Stored data:
___

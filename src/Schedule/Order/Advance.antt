-- ===== src/Schedule/Order/Advance.antt =====
-- What the loop over the consumers does to the pending counts and to the ready set.
use my_nn_engine.Prelude.{
  ℕ, ◌+◌, ◌-◌, ◌≤◌, ◌<◌, ◌≡◌, refl, ap₂, ◌∙◌, inl, inr, Bool, true, false, ◌&&◌, List, [], ◌∷◌,
  none, some, get_elem?, set, length, length-set, ltb, ◌==◌, if◌then◌else◌, arith, Bool-cases,
  Option-cases,
}
use my_nn_engine.Schedule.Ir.{KernelId}
use my_nn_engine.Schedule.Alloc.Counts.{count, get_elem?-set}
use my_nn_engine.Schedule.Deps.Links.{enter, contains-count}
use my_nn_engine.Schedule.Order.{Order, insert, remove, advance}

-- The count of a kernel, and 0 out of range.
abbrev pub pending_at : List ℕ → KernelId → ℕ
pending_at pending k = elim (get_elem? pending k) [ none ↦ 0 | some n ↦ n ]

pub count-insert :
    (kid k : ℕ) (ready : List ℕ) → count k (insert kid ready) ≡ enter (kid == k) (count k ready)
count-insert kid k ready = ground (arith, contains-count ready kid)

pub count-remove :
    (kid k : ℕ) (ready : List ℕ)
    → count k (remove kid ready) ≡ (if kid == k then 0 else count k ready)
count-remove kid k [] = ground arith
count-remove kid k (x ∷ ready) = ground (arith, count-remove kid k ready)

-- Every consumer has lost what it waited for, and those that wait no more are ready.
pub record Advanced (consumers : List KernelId) (order after : Order) : Type 0 where
  pub same_length : length after.kernel_pending ≡ length order.kernel_pending
  pub pending :
      (k : KernelId)
      → pending_at after.kernel_pending k ≡ pending_at order.kernel_pending k - count k consumers
  pub ready :
      (k : KernelId)
      → count k after.ready
        ≡ enter
            (ltb 0 (count k consumers) && pending_at order.kernel_pending k == count k consumers)
            (count k order.ready)

pending_at-set :
    (pending : List ℕ) (c v w k : ℕ)
    → get_elem? pending c ≡ some w
    → pending_at (set pending c v) k ≡ (if c == k then v else pending_at pending k)
pending_at-set pending c v w k e = let h = get_elem?-set pending c k v w e in ground arith

count-if_insert :
    (b : Bool) (c k : ℕ) (ready : List ℕ)
    → count k (if b then insert c ready else ready) ≡ enter (b && c == k) (count k ready)
count-if_insert true c k ready = count-insert c k ready
count-if_insert false c k ready = refl

-- Both steps on the ready set together.
ready-both :
    (b : Bool) (v cc p r : ℕ)
    → 0 < v
    → (b ≡ true → (v ≡ p) × (1 + cc ≤ v))
    → enter (ltb 0 cc && (if b then v - 1 else p) == cc) (enter (v == 1 && b) r)
      ≡ enter (ltb 0 ((if b then 1 else 0) + cc) && p == (if b then 1 else 0) + cc) r
ready-both true v cc p r h k = let (q, l) = k refl in ground arith
ready-both false v cc p r h k = ground arith

Advanced-then :
    (c v : ℕ) (consumers : List KernelId) (order after : Order)
    → get_elem? order.kernel_pending c ≡ some v
    → 1 + count c consumers ≤ v
    → Advanced consumers
        (record {
          kernel_pending = set order.kernel_pending c (v - 1);
          ready = if v == 1 then insert c order.ready else order.ready;
        })
        after
    → Advanced (c ∷ consumers) order after
Advanced-then c v consumers order after e h m = record {
  same_length = omega (arith, m.same_length, length-set order.kernel_pending c (v - 1));
  pending = λ k. pend k;
  ready = λ k. rdy k;
}
  where
    pend :
        (k : KernelId)
        → pending_at after.kernel_pending k
          ≡ pending_at order.kernel_pending k - count k (c ∷ consumers)
    pend k =
        let s = pending_at-set order.kernel_pending c (v - 1) v k e in ground (arith, m.pending k)

    here :
        (k : KernelId)
        → (c == k) ≡ true
        → (v ≡ pending_at order.kernel_pending k) × (1 + count k consumers ≤ v)
    here k x = let same : c ≡ k = ground arith in (ground arith, rw (← same) h)

    rdy :
        (k : KernelId)
        → count k after.ready
          ≡ enter
              (ltb 0 (count k (c ∷ consumers))
                && pending_at order.kernel_pending k == count k (c ∷ consumers))
              (count k order.ready)
    rdy k =
        m.ready k
        ∙ ap₂ (λ x y. enter (ltb 0 (count k consumers) && x == count k consumers) y)
            (pending_at-set order.kernel_pending c (v - 1) v k e)
            (count-if_insert (v == 1) c k order.ready)
        ∙ ready-both (c == k) v (count k consumers) (pending_at order.kernel_pending k)
            (count k order.ready) (omega arith) (here k)

still_enough :
    (c v k : ℕ) (consumers : List KernelId) (order : Order)
    → get_elem? order.kernel_pending c ≡ some v
    → 1 + count c consumers ≤ v
    → count k (c ∷ consumers) ≤ pending_at order.kernel_pending k
    → count k consumers ≤ pending_at (set order.kernel_pending c (v - 1)) k
still_enough c v k consumers order e l h = elim (Bool-cases (c == k)) [
  | inl x ↦
      let same : c ≡ k = ground arith in
      let l_k : 1 + count k consumers ≤ v = rw (← same) l in
      let s = pending_at-set order.kernel_pending c (v - 1) v k e in ground arith
  | inr x ↦ let s = pending_at-set order.kernel_pending c (v - 1) v k e in ground arith
]

-- If every consumer waits for at least as many kernels as it is listed, the loop does not panic.
pub advance-Advanced :
    (consumers : List KernelId) (order : Order)
    → ((k : KernelId) → count k consumers ≤ pending_at order.kernel_pending k)
    → (after : Order) × (advance consumers order ≡ some after) × Advanced consumers order after
unfolding advance
advance-Advanced [] order h = (
  order,
  refl,
  record { same_length = refl; pending = λ k. omega arith; ready = λ k. ground arith },
)
advance-Advanced (c ∷ consumers) order h = elim (Option-cases (get_elem? order.kernel_pending c)) [
  | inl e ↦ let waits = h c in ground arith
  | inr (v, e) ↦
      let enough : 1 + count c consumers ≤ v = let waits = h c in ground arith in
      let busy : (v == 0) ≡ false = ground arith in
      let next : Order = record {
        kernel_pending = set order.kernel_pending c (v - 1);
        ready = if v == 1 then insert c order.ready else order.ready;
      } in
      let (after, runs, m) =
        advance-Advanced consumers next (λ k. still_enough c v k consumers order e enough (h k)) in
      (after, rw (e, busy) runs, Advanced-then c v consumers order after e enough m)
]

___

▶ **EXERCISE PROMPT**:
Whenever "record" occurs in a line of the entries, copy that line.

▶ **EXERCISE ANSWER**:
pub record Advanced (consumers : List KernelId) (order after : Order) : Type 0 where
        (record {
Advanced-then c v consumers order after e h m = record {
  record { same_length = refl; pending = λ k. omega arith; ready = λ k. ground arith },
      let next : Order = record {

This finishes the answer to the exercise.